Report, from the records below, every line where the word "closes" appears.

#### Extracted data

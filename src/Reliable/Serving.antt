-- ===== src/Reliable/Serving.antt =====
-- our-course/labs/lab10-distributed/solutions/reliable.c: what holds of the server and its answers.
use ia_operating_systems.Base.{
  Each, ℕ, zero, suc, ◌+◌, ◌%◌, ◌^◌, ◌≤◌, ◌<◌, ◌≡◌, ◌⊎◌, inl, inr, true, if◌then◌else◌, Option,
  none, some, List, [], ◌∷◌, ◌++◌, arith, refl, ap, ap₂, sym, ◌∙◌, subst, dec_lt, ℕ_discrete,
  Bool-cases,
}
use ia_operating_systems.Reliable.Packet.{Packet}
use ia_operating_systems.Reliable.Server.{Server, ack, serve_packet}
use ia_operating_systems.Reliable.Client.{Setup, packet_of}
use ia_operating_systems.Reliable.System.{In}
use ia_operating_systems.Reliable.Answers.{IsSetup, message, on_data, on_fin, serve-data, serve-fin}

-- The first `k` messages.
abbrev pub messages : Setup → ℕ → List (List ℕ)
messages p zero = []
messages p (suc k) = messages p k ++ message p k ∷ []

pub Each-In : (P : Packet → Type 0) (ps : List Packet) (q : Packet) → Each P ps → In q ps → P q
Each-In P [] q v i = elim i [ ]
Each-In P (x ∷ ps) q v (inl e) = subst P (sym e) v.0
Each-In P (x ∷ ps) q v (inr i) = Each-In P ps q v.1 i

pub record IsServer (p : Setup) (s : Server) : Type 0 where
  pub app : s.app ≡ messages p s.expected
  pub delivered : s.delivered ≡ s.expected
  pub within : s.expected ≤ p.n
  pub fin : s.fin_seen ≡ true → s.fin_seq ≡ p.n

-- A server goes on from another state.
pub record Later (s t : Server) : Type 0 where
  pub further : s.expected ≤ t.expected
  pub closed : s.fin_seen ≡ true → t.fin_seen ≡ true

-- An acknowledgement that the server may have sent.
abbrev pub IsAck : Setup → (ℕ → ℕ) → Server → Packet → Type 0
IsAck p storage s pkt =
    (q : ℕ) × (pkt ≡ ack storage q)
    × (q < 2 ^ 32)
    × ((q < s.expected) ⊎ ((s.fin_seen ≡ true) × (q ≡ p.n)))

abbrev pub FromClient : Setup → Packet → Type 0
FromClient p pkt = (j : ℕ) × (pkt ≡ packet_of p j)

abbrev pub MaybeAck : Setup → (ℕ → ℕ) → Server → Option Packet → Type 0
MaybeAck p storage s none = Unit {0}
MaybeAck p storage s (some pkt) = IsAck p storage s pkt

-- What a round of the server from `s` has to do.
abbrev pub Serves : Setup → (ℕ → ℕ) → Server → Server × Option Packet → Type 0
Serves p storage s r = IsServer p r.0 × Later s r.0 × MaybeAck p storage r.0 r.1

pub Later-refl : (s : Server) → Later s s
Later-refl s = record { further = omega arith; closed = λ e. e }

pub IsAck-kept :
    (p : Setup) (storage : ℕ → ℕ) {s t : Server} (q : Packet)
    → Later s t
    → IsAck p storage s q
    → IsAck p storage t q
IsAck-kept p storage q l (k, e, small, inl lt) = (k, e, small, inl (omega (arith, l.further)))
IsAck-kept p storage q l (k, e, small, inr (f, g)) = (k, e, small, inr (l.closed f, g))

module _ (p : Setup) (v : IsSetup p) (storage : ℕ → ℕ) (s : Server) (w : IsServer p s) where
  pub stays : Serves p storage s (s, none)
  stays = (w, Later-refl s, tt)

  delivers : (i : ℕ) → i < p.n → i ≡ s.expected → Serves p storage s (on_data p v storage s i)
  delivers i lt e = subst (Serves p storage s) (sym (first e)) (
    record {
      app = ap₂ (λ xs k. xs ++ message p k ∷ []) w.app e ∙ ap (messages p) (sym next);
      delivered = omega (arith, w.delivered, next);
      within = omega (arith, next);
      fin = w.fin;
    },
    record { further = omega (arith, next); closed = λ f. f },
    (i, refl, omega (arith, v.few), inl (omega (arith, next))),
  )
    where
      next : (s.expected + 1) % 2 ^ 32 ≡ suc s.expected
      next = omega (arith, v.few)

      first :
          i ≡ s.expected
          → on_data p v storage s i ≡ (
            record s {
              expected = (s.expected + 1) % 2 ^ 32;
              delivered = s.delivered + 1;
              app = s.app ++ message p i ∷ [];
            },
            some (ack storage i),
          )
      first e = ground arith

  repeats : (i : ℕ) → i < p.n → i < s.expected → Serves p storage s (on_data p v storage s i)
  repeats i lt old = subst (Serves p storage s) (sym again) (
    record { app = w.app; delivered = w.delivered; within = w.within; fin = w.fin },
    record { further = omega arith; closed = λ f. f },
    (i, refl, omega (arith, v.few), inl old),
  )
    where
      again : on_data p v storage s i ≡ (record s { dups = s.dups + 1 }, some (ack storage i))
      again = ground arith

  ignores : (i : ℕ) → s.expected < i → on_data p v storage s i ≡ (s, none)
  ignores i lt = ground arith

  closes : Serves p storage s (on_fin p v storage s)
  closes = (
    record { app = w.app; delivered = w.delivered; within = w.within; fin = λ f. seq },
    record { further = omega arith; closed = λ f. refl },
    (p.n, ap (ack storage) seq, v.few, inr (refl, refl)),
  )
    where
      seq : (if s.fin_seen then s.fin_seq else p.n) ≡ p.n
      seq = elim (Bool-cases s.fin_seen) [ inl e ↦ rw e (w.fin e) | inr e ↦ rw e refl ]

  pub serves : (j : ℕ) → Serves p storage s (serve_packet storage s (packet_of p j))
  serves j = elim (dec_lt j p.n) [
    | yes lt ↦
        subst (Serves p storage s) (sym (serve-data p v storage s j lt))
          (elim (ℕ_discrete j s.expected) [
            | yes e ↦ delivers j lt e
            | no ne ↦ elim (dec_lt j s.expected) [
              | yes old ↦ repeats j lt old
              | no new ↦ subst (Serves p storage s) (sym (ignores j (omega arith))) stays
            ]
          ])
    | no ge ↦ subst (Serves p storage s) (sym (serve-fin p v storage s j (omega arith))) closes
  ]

########
#### Extracted data

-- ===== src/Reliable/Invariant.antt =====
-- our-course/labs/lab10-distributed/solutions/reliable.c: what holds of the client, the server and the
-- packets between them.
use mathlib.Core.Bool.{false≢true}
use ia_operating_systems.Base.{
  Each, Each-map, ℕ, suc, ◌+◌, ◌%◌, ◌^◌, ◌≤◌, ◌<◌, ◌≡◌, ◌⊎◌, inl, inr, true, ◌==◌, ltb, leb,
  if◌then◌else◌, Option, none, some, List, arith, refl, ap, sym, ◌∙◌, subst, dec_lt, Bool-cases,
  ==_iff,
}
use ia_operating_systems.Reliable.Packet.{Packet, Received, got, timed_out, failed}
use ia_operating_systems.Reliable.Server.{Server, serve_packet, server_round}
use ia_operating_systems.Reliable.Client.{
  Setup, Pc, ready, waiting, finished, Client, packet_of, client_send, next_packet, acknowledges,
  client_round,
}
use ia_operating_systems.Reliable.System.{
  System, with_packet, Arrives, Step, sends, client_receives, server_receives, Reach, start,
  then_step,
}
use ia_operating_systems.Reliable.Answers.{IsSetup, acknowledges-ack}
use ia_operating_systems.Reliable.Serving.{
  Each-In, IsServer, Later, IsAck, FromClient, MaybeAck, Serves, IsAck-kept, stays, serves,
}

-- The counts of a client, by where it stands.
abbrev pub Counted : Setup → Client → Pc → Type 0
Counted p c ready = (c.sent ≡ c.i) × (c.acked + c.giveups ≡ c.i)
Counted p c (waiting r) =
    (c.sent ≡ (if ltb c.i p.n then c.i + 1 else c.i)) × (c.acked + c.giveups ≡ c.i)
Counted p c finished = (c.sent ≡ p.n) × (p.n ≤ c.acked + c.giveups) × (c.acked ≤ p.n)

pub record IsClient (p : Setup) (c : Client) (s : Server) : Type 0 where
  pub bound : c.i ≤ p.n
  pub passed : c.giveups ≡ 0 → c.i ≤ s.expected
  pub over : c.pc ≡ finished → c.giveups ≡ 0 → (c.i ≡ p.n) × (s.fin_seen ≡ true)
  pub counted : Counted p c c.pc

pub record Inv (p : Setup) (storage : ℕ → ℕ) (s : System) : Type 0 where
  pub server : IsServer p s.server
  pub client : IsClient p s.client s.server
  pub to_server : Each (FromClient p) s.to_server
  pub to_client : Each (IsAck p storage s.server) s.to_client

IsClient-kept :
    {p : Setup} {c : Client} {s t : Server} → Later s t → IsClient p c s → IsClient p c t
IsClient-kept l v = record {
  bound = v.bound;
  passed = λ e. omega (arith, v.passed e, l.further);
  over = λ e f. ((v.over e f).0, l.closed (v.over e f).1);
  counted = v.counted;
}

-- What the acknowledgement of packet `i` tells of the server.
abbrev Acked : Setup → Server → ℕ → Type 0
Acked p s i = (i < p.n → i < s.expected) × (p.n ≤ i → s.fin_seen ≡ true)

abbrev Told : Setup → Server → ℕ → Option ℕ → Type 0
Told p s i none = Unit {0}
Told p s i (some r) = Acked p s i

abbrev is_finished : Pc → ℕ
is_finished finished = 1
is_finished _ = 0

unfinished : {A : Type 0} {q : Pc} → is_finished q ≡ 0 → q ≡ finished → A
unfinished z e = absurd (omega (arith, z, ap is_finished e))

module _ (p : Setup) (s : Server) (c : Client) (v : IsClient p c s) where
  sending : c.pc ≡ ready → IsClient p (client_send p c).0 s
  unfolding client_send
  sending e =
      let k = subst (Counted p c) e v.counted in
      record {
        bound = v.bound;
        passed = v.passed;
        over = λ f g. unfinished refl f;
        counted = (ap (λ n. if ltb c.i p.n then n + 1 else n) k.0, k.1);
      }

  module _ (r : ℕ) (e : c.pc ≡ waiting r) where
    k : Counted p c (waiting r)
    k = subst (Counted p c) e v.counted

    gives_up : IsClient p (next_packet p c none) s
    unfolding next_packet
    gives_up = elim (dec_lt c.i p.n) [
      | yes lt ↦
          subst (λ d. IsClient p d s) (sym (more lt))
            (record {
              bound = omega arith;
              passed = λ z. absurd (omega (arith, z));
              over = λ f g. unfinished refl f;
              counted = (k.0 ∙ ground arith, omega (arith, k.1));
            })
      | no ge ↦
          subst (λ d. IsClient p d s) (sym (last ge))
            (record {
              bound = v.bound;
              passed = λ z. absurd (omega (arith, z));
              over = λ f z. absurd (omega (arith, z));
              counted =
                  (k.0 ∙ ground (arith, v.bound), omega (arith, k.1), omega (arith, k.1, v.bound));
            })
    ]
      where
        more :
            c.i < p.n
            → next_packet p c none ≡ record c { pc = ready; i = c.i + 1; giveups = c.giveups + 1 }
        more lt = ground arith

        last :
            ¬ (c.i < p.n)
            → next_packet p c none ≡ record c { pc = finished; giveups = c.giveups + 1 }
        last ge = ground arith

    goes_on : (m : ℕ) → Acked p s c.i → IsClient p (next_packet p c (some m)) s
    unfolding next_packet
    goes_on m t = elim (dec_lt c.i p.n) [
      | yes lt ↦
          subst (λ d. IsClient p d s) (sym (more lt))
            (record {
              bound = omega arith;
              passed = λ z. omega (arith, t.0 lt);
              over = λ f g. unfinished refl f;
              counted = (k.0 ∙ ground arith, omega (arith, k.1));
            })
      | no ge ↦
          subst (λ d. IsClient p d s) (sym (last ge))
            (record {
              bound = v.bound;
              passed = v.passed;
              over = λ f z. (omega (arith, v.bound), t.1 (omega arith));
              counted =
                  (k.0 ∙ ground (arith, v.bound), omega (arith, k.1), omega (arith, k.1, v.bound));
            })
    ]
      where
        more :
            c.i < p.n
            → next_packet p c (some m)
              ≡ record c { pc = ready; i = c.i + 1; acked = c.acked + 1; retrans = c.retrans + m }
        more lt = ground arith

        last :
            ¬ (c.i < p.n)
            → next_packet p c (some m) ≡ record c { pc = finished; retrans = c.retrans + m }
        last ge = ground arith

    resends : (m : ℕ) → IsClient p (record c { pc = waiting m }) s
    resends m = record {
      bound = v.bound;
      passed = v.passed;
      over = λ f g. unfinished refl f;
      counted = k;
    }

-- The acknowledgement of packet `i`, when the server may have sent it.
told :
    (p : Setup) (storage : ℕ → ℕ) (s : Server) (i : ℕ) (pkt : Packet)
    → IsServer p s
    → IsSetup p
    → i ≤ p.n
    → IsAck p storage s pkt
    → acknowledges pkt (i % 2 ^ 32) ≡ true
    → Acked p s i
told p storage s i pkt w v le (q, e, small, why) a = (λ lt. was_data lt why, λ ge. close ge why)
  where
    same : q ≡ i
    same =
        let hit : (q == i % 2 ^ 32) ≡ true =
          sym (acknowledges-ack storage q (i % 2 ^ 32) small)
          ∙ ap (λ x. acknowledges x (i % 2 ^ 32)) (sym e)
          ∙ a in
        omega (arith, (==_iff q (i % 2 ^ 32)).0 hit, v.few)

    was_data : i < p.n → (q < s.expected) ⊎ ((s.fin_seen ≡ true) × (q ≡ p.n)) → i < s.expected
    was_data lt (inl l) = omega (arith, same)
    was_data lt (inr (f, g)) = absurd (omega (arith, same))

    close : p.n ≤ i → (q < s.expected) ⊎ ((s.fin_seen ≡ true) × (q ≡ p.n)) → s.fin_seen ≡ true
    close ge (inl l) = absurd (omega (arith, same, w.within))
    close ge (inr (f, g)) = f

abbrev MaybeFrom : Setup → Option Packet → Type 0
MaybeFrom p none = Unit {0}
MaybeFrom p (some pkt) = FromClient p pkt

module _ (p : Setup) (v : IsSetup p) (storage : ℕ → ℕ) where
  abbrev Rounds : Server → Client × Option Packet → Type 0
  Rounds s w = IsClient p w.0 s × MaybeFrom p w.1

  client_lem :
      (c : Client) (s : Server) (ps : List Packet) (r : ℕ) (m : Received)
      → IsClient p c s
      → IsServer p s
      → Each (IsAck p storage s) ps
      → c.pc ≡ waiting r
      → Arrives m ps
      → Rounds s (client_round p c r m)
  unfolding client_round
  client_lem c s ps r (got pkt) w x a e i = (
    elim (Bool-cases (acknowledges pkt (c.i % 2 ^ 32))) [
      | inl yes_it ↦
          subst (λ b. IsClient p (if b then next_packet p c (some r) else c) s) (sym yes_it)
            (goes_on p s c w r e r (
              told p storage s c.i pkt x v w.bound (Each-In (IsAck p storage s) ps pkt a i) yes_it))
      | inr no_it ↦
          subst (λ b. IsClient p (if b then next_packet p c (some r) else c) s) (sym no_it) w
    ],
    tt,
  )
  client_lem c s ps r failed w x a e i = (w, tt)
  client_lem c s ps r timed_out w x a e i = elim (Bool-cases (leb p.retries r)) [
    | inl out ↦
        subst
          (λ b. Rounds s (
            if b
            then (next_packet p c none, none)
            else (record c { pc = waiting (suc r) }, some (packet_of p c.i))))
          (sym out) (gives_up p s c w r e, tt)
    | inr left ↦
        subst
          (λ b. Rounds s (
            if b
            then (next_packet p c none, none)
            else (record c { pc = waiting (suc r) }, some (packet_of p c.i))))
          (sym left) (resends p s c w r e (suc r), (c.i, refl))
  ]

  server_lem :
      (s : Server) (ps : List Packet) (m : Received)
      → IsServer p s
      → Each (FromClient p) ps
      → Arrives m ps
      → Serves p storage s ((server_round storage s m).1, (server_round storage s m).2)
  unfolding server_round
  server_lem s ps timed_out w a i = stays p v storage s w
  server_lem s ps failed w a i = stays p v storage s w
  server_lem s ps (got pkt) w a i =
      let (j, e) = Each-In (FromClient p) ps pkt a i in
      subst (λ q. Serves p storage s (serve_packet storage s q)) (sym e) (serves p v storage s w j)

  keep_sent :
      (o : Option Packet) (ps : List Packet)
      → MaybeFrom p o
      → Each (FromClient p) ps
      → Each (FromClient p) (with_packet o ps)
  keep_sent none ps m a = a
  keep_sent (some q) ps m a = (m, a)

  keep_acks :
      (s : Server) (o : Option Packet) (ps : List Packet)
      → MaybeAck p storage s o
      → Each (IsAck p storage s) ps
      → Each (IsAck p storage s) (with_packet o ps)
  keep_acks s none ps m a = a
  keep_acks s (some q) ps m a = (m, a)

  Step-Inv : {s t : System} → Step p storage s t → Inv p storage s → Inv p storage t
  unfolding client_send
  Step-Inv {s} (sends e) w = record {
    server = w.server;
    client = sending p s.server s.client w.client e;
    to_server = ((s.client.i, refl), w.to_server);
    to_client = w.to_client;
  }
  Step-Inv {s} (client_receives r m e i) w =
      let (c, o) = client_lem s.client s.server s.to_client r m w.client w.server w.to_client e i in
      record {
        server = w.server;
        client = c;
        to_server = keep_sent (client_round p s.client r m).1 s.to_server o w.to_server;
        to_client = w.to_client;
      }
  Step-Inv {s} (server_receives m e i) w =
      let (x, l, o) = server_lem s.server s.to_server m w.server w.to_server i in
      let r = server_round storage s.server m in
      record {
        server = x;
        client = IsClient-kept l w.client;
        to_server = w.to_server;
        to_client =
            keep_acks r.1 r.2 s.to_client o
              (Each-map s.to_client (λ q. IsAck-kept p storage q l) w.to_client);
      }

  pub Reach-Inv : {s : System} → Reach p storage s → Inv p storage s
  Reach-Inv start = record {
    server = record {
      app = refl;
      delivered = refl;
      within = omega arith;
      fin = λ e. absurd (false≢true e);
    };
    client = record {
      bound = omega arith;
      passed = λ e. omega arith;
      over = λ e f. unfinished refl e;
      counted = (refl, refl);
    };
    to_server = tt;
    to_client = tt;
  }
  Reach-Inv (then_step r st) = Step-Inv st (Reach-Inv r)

########

■ Task solution:
  closes : Serves p storage s (on_fin p v storage s)
  closes = (
    | no ge ↦ subst (Serves p storage s) (sym (serve-fin p v storage s j (omega arith))) closes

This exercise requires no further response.